──────── Input records ────────

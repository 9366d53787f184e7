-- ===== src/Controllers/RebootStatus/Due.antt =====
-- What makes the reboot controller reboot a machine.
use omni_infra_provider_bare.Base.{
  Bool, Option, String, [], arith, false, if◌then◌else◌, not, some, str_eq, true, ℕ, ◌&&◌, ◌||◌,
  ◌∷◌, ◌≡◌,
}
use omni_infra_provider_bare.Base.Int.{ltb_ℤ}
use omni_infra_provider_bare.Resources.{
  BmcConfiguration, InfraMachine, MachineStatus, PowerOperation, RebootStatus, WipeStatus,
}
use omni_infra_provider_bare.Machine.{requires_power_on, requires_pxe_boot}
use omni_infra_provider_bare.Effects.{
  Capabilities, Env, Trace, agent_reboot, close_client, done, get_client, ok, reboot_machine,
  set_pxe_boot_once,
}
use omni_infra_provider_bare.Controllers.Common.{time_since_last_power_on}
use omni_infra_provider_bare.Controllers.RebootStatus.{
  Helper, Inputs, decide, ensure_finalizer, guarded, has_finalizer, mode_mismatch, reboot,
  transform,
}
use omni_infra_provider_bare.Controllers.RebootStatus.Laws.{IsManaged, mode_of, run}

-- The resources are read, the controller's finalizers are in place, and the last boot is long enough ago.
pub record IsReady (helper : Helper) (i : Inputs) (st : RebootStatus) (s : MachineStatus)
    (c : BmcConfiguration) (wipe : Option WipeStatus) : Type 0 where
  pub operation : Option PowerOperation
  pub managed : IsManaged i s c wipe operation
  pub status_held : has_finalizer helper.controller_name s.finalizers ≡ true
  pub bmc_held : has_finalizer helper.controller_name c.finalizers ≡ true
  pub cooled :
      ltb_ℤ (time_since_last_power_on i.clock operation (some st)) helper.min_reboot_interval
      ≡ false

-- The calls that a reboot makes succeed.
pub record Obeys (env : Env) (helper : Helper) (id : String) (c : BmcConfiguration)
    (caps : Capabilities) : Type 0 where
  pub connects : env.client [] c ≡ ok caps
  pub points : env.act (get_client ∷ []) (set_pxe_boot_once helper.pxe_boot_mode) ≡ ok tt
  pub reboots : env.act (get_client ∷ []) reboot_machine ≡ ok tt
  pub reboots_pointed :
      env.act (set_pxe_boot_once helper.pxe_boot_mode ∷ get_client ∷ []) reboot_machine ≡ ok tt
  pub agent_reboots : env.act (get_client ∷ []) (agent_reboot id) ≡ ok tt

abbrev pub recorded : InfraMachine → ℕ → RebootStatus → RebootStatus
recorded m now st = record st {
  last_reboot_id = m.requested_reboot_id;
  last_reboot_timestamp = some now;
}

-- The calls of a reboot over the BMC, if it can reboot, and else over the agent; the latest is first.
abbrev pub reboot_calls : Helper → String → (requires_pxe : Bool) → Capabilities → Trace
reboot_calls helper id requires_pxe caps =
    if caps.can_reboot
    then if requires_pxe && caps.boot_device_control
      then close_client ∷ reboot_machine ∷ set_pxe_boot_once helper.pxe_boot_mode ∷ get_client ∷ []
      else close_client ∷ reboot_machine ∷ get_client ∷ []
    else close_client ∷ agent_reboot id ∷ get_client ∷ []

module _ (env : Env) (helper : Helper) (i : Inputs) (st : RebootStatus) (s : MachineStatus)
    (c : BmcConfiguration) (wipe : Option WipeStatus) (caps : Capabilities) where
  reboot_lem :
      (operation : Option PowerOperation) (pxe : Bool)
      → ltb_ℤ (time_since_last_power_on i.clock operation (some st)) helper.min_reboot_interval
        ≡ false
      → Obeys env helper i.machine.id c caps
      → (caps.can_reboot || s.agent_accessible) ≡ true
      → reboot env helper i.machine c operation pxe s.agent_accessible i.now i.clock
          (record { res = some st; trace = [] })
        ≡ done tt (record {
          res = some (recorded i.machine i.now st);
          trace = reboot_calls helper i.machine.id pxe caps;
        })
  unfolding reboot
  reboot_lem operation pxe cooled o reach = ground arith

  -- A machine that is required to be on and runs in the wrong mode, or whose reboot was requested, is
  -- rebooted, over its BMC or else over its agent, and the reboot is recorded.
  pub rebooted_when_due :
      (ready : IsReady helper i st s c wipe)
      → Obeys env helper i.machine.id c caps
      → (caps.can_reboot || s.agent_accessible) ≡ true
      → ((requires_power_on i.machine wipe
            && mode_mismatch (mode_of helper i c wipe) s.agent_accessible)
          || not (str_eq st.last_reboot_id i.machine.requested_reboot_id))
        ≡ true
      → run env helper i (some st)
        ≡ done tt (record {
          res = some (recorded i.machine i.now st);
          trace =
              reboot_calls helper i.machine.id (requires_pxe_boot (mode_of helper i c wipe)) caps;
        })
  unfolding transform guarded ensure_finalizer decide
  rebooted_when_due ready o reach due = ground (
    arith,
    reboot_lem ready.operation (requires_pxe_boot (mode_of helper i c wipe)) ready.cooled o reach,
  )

────────
──────── Input records ────────

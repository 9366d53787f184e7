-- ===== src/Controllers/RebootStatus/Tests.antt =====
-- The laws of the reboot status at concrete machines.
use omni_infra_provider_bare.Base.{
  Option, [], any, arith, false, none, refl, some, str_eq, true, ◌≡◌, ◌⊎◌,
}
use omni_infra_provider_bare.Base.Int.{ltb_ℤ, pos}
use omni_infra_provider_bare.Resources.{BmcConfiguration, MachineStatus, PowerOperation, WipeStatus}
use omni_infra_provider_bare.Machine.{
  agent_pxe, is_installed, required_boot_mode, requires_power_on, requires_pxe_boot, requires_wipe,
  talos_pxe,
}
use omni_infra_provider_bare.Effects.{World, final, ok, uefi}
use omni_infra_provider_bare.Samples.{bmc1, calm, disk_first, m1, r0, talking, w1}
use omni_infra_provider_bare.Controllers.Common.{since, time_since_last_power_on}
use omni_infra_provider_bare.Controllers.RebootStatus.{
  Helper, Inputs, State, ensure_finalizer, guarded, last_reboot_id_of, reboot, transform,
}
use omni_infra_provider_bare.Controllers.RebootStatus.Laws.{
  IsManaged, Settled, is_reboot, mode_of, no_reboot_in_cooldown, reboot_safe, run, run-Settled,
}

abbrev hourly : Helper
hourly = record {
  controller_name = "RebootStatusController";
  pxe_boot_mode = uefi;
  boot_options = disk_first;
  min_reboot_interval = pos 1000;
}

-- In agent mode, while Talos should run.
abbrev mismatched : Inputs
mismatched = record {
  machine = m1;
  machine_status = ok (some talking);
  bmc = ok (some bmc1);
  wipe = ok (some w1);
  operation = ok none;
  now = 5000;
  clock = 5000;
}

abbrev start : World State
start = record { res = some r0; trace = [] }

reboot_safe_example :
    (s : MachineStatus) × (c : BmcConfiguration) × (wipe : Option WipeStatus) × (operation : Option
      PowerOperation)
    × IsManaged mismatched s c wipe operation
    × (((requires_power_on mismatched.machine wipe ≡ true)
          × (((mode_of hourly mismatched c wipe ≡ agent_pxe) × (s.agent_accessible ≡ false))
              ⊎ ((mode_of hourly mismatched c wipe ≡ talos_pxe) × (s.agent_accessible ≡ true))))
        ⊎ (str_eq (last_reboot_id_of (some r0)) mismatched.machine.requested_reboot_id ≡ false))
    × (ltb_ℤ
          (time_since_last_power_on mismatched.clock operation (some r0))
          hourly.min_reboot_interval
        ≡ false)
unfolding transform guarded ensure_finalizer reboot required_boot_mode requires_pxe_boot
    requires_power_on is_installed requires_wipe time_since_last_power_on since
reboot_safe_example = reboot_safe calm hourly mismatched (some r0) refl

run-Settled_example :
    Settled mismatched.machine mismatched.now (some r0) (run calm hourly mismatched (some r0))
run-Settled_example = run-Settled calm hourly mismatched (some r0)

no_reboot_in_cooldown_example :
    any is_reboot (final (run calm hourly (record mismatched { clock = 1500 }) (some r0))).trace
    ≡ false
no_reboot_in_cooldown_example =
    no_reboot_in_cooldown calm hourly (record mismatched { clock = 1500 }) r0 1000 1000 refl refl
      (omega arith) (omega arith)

────────

> [Task objective] Set down again, word for word, the stretch of records from the line with "-- The resources" to the line with "pub status_held : has_finalizer", both of those lines included.

> [Result of the exercise]
-- The resources are read, the controller's finalizers are in place, and the last boot is long enough ago.
pub record IsReady (helper : Helper) (i : Inputs) (st : RebootStatus) (s : MachineStatus)
    (c : BmcConfiguration) (wipe : Option WipeStatus) : Type 0 where
  pub operation : Option PowerOperation
  pub managed : IsManaged i s c wipe operation
  pub status_held : has_finalizer helper.controller_name s.finalizers ≡ true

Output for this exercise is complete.